* _Problem_:
Set down exactly the lines in the records below that run from the line with "buf = p.buf ++ evt.store_event ∷ [];" to the line with "unfoldable pub on_line", inclusive, and nothing more.

* _Entries supplied_:
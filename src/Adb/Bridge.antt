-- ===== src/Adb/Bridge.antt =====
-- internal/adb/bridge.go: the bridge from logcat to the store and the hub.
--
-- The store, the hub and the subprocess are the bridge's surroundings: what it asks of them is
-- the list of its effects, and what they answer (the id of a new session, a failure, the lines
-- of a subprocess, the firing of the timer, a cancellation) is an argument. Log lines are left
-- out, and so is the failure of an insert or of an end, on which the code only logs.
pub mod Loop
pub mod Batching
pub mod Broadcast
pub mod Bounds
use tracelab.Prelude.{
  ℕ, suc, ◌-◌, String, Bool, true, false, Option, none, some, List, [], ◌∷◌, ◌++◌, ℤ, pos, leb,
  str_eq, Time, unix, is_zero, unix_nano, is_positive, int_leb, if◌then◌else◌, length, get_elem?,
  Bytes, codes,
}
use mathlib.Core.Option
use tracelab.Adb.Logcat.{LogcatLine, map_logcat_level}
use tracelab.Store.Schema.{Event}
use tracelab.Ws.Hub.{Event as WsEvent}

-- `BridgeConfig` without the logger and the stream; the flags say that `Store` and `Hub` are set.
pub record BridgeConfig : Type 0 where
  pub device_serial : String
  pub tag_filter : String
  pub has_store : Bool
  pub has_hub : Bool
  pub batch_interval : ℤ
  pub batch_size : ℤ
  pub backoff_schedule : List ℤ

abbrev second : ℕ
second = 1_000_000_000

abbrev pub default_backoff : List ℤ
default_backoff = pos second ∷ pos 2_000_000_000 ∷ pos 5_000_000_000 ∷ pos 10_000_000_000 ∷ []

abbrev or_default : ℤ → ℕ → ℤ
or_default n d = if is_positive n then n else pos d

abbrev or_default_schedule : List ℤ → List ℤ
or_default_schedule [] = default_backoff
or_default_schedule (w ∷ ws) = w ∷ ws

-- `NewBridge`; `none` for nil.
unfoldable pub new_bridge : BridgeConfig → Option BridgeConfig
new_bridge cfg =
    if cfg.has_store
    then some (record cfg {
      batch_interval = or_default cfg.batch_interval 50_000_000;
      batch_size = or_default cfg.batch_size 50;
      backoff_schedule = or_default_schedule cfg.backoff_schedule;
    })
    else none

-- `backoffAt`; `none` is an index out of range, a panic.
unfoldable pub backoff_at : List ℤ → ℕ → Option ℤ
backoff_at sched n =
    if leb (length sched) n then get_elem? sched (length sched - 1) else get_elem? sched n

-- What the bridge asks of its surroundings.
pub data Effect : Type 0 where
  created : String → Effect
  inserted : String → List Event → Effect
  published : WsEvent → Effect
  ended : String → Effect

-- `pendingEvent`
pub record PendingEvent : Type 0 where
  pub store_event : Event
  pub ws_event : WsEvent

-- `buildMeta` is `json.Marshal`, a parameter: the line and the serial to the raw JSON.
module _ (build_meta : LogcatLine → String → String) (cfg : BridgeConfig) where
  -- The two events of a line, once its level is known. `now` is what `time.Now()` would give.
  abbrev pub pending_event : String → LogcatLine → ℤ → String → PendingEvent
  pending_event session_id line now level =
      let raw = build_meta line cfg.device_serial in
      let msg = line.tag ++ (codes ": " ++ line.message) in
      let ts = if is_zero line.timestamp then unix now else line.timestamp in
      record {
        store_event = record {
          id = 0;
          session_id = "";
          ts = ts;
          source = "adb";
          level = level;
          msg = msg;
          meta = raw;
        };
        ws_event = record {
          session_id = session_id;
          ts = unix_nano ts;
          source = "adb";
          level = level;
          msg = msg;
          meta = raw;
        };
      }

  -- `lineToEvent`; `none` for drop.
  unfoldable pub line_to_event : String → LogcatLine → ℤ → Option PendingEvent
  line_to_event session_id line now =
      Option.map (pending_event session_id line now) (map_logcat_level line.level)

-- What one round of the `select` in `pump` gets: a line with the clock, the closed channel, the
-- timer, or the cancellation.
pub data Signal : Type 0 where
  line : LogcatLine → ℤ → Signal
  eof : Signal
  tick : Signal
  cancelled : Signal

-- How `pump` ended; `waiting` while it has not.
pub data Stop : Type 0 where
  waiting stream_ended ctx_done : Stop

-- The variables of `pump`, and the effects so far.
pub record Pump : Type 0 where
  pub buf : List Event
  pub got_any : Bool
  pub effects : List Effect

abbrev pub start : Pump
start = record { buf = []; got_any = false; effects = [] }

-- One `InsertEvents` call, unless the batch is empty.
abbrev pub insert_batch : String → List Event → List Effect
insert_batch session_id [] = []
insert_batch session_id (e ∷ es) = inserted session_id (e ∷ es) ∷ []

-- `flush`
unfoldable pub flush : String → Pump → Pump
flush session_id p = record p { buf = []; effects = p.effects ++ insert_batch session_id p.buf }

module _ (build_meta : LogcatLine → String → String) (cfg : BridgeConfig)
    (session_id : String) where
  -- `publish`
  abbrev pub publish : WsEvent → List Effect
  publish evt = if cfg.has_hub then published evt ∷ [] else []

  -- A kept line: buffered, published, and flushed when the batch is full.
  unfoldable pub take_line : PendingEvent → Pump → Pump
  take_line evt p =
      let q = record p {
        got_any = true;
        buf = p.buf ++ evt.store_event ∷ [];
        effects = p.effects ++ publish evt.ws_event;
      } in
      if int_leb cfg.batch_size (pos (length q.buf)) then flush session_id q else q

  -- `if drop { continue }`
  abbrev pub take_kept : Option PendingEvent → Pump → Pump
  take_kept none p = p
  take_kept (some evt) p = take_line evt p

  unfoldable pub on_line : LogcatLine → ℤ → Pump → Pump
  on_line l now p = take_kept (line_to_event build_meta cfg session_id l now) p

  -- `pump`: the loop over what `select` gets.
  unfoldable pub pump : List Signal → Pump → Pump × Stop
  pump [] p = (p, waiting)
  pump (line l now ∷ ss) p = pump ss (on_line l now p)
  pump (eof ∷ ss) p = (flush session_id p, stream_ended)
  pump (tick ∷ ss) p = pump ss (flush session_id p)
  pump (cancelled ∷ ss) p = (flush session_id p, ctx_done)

* _Answer to this task_:
        buf = p.buf ++ evt.store_event ∷ [];
        effects = p.effects ++ publish evt.ws_event;
      } in
      if int_leb cfg.batch_size (pos (length q.buf)) then flush session_id q else q

  -- `if drop { continue }`
  abbrev pub take_kept : Option PendingEvent → Pump → Pump
  take_kept none p = p
  take_kept (some evt) p = take_line evt p

  unfoldable pub on_line : LogcatLine → ℤ → Pump → Pump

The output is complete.